THE NAME ‘HANNAH GADSBY’ MIGHT NOT IMMEDIATELY RING A BELL FOR EVERYONE, BUT I WOULD WAGER THAT UPON SEEING A PHOTO OF THE AUSTRALIAN COMEDIAN, YOU WOULD LIKELY RESPOND WITH SOMETHING ALONG THE LINES OF, ‘AH… THAT FUNNY LESBIAN’.
With her distinctive nerdish glasses, boyishly short brown hair and signature attire (reminiscent perhaps of a young, albeit fuller-framed, Stephen Hawking), the lady is hard to miss. For anyone who has caught a glimpse of her comedic chops, she anything but fades into the background.
Having made a reputable name for herself over the past decade on the Australian comedy scene (including regular appearances on Good News Week, Spicks and Specks and Josh Thomas’ semi-biographical dramedy Please Like Me), not to mention doing the rounds on the international festival circuit, Gadsby’s off-kilter, aloof and oftentimes self-deprecating brand of humour rarely fails to provoke and delight. Yet there has always been a sense, for me anyway, that there must be more to Hannah Gadsby than meets the eye.

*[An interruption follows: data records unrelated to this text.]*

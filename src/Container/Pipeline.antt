-- ===== src/Container/Pipeline.antt =====
-- The whole pipeline: enqueue, dispatch, deliver.
use notify_hub.Base.{some, ◌++◌, ◌≡◌, refl, arith}
use notify_hub.Core.{DispatchJob, DeliveryJob}
use notify_hub.Db.Profiles
use notify_hub.Ports.{Externals, ok, World}
use notify_hub.Ports.Keeps.{Keeps}
use notify_hub.Queue.Laws.{enqueue_dispatch_lem, drawn}
use notify_hub.Dispatch.{targets}
use notify_hub.Dispatch.FanOut.{handle_dispatch-IsFannedOut, channels_of}
use notify_hub.Delivery.Laws.{deliver-Keeps}
use notify_hub.Container.{on_delivery, on_dispatch, registered_queue}

pub on_delivery-Keeps : (x : Externals) (job : DeliveryJob) → Keeps (on_delivery x job)
unfolding on_delivery
on_delivery-Keeps x job =
    let k = deliver-Keeps x job in
    record { db = λ w. ground (arith, k.db w); deliveries = λ w. ground (arith, k.deliveries w) }

-- Once a job is enqueued, its enqueuing resolves, and exactly one outcome is recorded for each
-- target of the job, in the targets' order, whichever deliveries fail; the tables are unchanged.
pub registered_queue-fan_out :
    (x : Externals) (job : DispatchJob) (w : World)
    → let r = (registered_queue x).enqueue_dispatch job w in
      (r.0 ≡ ok (x.uuid w.uuids_drawn))
      × (channels_of r.1.deliveries
          ≡ channels_of w.deliveries ++ targets (some Profiles.get) w.db job)
      × (r.1.db ≡ w.db)
unfolding registered_queue on_dispatch
registered_queue-fan_out x job w =
    let ran = enqueue_dispatch_lem x (on_dispatch x) (some (on_delivery x)) job w in
    let all =
      handle_dispatch-IsFannedOut x (on_delivery x) (on_delivery-Keeps x) (some Profiles.get) job
        (drawn w) in
    rw ran (refl, all.outcomes, all.db)
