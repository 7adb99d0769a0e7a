-- ===== src/Api/Laws.antt =====
-- `POST /notify` with the in-memory queue behind it: src/api/routes/notify.ts
use notify_hub.Base.{
  Option, none, some, List, [], ◌∷◌, ◌++◌, Text, ◌≡◌, refl, ◌↔◌, ◌⊎◌, inl, inr, All, arith,
  Option-cases,
}
use notify_hub.Core.{Value, ProfileRecord, ChannelInstance}
use notify_hub.Db.{Db}
use notify_hub.Db.Channels
use notify_hub.Db.Profiles
use notify_hub.Ports.{Externals, Outcome, ok, World}
use notify_hub.Container.{registered_queue}
use notify_hub.Container.Pipeline.{registered_queue-fan_out}
use notify_hub.Dispatch.{targets}
use notify_hub.Dispatch.FanOut.{channels_of}
use notify_hub.Api.{
  NotifyBody, Parsed, success, failure, Reply, accepted, bad_request, unauthorized,
  extract_bearer_token, job_of, first_unknown, unknown_channel, enqueue_job, enqueue_known,
  unknown_message, issue_message, notify_parsed, notify_as, post_notify,
}

abbrev pub Known : Db → Text → Type 0
Known db id = (c : ChannelInstance) × (Channels.get db id ≡ some c)

-- Every id that the body requests is an instance's.
abbrev pub IsKnown : Db → Option (List Text) → Type 0
IsKnown db none = Unit
IsKnown db (some ids) = All (Known db) ids

first_unknown_iff : (db : Db) (ids : List Text) → (first_unknown db ids ≡ none) ↔ All (Known db) ids
unfolding first_unknown
first_unknown_iff db [] = ground arith
first_unknown_iff db (id ∷ ids) =
    let later = first_unknown_iff db ids in
    elim (Option-cases (Channels.get db id)) [
      | inl missing ↦ rw missing (λ e. absurd (cc e), λ h. absurd (cc (h.0.1)))
      | inr (c, found) ↦ rw (found, first_unknown) (λ e. ((c, refl), later.0 e), λ h. later.1 h.1)
    ]

pub unknown_channel_iff :
    (db : Db) (requested : Option (List Text))
    → (unknown_channel db requested ≡ none) ↔ IsKnown db requested
unfolding unknown_channel
unknown_channel_iff db none = ground arith
unknown_channel_iff db (some ids) = first_unknown_iff db ids

pub Parsed-cases :
    (p : Parsed)
    → ((body : NotifyBody) × (p ≡ success body)) ⊎ ((issue : Option Text) × (p ≡ failure issue))
Parsed-cases (success body) = inl (body, refl)
Parsed-cases (failure issue) = inr (issue, refl)

module _ (x : Externals) (safe_parse : Value → Parsed) (authorization : Option Text) (input : Value)
    (w : World) where
  -- The request is accepted for this profile with this body.
  abbrev pub IsAccepted : ProfileRecord → NotifyBody → Type 0
  IsAccepted profile body =
      (Profiles.resolve_by_token w.db (extract_bearer_token authorization) ≡ some profile)
      × (safe_parse input ≡ success body)
      × IsKnown w.db body.channels

  abbrev pub notified : Outcome Reply × World
  notified = post_notify (registered_queue x) safe_parse authorization input w

  -- It is answered with 202 and the id of its job, and each target of the job has one outcome.
  abbrev pub IsNotified : ProfileRecord → NotifyBody → Type 0
  IsNotified profile body =
      (notified.0 ≡ ok (accepted (x.uuid w.uuids_drawn)))
      × (channels_of notified.1.deliveries
          ≡ channels_of w.deliveries ++ targets (some Profiles.get) w.db (job_of profile body))
      × (notified.1.db ≡ w.db)

  enqueue_job_lem :
      (profile : ProfileRecord) (body : NotifyBody)
      → let r = enqueue_job (registered_queue x) (job_of profile body) w in
        (r.0 ≡ ok (accepted (x.uuid w.uuids_drawn)))
        × (channels_of r.1.deliveries
            ≡ channels_of w.deliveries ++ targets (some Profiles.get) w.db (job_of profile body))
        × (r.1.db ≡ w.db)
  unfolding enqueue_job
  enqueue_job_lem profile body =
      let (resolved, outcomes, db) = registered_queue-fan_out x (job_of profile body) w in
      rw resolved (refl, outcomes, db)

  pub post_notify-accepted :
      (profile : ProfileRecord) (body : NotifyBody)
      → IsAccepted profile body
      → IsNotified profile body
  unfolding post_notify notify_as notify_parsed enqueue_known
  post_notify-accepted profile body (resolved, parsed, known) = rw resolved (
      rw parsed
        (rw ((unknown_channel_iff w.db body.channels).1 known) (enqueue_job_lem profile body)))

  -- With the in-memory queue behind it, `POST /notify` never rejects and never replies 503. Either the token resolves to a profile, the
  -- body matches the schema, and every channel that it requests exists: then the reply is 202 with
  -- the id of the job, and every target of the job has exactly one new outcome, in order. Or the
  -- reply is 401 or 400, and nothing at all has changed.
  pub post_notify_lem :
      ((profile : ProfileRecord) × (body : NotifyBody) × IsAccepted profile body
        × IsNotified profile body)
      ⊎ ((notified ≡ (ok unauthorized, w))
          ⊎ ((message : Text) × (notified ≡ (ok (bad_request message), w))))
  unfolding post_notify notify_as notify_parsed enqueue_known
  post_notify_lem =
      elim (Option-cases (Profiles.resolve_by_token w.db (extract_bearer_token authorization))) [
        | inl nobody ↦ inr (inl (rw nobody refl))
        | inr (profile, resolved) ↦ elim (Parsed-cases (safe_parse input)) [
          | inr (issue, wrong) ↦ inr (inr (issue_message issue, rw resolved (rw wrong refl)))
          | inl (body, parsed) ↦ elim (Option-cases (unknown_channel w.db body.channels)) [
            | inl known ↦
                let met : IsAccepted profile body =
                  (resolved, parsed, (unknown_channel_iff w.db body.channels).0 known) in
                inl (profile, body, met, post_notify-accepted profile body met)
            | inr (id, missing) ↦
                inr (inr (unknown_message id, rw resolved (rw parsed (rw missing refl))))
          ]
        ]
      ]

Through her one-hour Netflix special Nanette, Gadsby confirmed my suspicions… and what ensued was nothing short of storytelling brilliance. In Nanette, which debuted as a live stand-up show in 2017 but reached a global audience this year via the juggernaut streaming service, Gadsby yanks back the curtain on her own identity and humanity while simultaneously deconstructing the nature of comedy and the role of the comedian.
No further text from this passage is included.